**What needs to be done:** Below are records; quote them exactly from the first line through the line that contains "abbrev pub total : List Field → ℕ".

START Task material

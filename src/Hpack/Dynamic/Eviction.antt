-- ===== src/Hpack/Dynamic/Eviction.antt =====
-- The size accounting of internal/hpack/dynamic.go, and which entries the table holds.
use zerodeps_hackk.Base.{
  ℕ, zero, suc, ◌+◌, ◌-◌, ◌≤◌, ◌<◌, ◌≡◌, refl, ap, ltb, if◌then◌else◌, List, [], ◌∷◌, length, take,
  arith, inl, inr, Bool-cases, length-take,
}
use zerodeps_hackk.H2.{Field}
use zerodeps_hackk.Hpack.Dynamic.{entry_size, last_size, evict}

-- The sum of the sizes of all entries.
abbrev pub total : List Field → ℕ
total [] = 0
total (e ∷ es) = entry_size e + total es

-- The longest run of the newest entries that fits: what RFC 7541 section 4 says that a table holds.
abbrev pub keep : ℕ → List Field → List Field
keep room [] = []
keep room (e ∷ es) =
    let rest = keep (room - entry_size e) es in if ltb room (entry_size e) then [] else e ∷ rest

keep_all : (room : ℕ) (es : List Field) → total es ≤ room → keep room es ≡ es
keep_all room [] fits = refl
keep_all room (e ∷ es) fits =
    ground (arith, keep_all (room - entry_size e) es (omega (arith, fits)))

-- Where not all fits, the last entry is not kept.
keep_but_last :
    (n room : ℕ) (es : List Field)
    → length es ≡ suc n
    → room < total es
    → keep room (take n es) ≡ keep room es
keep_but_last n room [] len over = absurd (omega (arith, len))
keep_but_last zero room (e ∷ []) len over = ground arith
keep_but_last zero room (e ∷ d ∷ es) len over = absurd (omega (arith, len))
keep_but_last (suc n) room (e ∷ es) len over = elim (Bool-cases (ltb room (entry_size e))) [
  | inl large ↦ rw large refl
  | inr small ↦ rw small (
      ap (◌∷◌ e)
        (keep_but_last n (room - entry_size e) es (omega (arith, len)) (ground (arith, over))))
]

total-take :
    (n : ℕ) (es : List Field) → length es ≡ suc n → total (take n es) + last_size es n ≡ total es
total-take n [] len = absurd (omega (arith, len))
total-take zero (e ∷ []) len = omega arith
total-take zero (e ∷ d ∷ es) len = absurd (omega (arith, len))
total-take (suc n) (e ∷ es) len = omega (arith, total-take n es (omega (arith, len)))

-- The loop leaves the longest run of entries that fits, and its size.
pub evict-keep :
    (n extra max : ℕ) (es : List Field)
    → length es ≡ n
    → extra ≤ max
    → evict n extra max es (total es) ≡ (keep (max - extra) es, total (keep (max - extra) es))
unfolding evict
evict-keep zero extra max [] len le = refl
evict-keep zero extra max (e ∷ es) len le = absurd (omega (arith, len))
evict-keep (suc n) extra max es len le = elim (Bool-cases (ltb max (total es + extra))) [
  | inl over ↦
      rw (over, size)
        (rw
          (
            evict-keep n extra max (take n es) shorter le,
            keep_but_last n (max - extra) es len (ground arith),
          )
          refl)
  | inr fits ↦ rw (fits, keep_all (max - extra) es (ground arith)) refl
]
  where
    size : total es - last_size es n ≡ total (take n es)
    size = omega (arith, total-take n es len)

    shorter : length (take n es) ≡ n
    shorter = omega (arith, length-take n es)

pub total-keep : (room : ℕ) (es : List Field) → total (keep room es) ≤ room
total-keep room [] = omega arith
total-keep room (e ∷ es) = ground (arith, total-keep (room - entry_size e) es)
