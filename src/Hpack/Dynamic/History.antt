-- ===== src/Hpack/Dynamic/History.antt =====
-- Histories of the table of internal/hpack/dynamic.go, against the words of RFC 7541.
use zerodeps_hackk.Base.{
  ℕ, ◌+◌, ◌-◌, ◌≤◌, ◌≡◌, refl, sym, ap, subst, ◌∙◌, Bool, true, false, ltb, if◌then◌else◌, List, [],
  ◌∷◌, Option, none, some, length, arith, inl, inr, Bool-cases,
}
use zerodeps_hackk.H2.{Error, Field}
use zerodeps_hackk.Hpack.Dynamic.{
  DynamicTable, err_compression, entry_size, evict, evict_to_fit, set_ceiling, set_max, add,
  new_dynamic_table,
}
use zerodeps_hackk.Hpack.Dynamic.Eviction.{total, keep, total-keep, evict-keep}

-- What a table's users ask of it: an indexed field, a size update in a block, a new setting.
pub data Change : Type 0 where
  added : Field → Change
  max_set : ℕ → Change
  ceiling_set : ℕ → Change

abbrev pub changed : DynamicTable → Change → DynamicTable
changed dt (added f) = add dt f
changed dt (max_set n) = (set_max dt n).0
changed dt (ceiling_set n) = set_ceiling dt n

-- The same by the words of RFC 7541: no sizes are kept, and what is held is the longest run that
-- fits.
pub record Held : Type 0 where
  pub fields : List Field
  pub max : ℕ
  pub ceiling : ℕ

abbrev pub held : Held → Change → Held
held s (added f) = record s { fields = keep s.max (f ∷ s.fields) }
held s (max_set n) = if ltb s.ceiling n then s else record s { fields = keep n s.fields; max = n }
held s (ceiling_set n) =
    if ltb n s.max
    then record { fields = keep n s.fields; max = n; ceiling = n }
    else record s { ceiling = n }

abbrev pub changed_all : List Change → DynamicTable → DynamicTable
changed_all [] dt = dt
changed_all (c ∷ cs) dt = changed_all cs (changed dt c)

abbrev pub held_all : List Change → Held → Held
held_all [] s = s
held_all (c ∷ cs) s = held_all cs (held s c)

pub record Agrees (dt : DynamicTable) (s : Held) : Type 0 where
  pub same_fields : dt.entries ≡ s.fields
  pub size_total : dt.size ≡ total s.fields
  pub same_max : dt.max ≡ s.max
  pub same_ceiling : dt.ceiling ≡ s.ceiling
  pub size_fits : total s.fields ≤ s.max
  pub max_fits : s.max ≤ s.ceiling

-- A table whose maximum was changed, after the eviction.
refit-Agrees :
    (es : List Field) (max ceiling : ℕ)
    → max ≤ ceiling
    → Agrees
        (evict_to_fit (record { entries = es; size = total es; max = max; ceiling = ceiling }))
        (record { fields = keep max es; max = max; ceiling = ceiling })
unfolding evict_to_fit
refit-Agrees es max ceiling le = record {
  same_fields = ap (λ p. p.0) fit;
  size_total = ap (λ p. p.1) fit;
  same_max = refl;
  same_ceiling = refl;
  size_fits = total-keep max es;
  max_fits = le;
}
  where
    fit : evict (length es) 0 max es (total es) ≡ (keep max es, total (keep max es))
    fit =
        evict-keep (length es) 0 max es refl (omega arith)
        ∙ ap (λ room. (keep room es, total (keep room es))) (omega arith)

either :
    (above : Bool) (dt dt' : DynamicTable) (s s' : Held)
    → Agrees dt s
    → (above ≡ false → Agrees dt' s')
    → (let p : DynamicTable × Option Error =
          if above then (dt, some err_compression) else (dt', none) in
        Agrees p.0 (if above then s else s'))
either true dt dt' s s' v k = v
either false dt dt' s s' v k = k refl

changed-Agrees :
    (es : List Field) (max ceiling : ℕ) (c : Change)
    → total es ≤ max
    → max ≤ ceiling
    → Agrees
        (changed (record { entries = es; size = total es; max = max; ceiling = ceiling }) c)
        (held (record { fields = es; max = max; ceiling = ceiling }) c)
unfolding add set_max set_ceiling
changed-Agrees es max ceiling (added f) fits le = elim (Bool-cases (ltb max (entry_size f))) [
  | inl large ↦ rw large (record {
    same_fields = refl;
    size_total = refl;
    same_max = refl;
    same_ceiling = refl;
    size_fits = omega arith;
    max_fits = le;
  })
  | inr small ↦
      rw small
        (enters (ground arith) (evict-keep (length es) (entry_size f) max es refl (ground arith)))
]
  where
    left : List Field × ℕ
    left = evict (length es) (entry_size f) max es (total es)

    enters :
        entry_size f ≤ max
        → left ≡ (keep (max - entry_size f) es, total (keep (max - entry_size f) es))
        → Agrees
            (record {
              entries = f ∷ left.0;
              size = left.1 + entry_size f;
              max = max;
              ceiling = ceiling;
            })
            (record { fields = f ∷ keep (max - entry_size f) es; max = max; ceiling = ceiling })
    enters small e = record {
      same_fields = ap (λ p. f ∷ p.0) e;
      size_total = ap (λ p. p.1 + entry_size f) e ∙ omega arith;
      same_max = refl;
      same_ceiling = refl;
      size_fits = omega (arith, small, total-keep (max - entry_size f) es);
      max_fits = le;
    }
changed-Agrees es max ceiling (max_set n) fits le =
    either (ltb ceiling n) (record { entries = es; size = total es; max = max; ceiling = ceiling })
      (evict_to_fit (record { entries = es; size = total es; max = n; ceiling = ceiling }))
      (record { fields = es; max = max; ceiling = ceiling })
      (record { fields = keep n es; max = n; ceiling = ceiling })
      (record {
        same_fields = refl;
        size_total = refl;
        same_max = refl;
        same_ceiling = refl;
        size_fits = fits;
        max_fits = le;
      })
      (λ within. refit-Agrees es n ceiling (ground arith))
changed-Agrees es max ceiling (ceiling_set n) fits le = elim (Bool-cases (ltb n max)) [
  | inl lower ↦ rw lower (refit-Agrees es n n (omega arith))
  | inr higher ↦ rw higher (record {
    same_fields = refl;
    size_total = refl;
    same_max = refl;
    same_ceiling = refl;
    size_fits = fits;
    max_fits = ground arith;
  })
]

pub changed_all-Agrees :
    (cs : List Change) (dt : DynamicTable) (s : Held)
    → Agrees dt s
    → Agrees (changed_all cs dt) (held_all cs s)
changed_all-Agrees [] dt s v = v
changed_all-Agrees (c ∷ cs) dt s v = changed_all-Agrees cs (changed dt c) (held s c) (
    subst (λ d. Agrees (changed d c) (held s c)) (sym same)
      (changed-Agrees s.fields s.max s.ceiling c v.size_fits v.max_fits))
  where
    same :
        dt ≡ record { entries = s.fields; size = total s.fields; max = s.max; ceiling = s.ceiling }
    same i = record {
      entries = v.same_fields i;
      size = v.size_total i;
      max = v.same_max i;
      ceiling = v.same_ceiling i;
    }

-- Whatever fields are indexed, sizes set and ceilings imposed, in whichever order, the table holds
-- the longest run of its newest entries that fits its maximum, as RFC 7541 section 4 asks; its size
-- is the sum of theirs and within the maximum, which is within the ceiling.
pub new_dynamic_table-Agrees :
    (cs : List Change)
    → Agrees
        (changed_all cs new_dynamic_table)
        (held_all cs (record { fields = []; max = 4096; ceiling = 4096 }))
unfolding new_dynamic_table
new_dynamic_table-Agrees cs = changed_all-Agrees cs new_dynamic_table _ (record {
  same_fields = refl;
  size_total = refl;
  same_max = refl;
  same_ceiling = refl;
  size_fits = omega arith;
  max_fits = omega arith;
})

END Task material

**Reply:**
filename src/Hpack/Dynamic/Eviction.antt
-- ===== src/Hpack/Dynamic/Eviction.antt =====
-- The size accounting of internal/hpack/dynamic.go, and which entries the table holds.
use zerodeps_hackk.Base.{
  ℕ, zero, suc, ◌+◌, ◌-◌, ◌≤◌, ◌<◌, ◌≡◌, refl, ap, ltb, if◌then◌else◌, List, [], ◌∷◌, length, take,
  arith, inl, inr, Bool-cases, length-take,
}
use zerodeps_hackk.H2.{Field}
use zerodeps_hackk.Hpack.Dynamic.{entry_size, last_size, evict}

-- The sum of the sizes of all entries.
abbrev pub total : List Field → ℕ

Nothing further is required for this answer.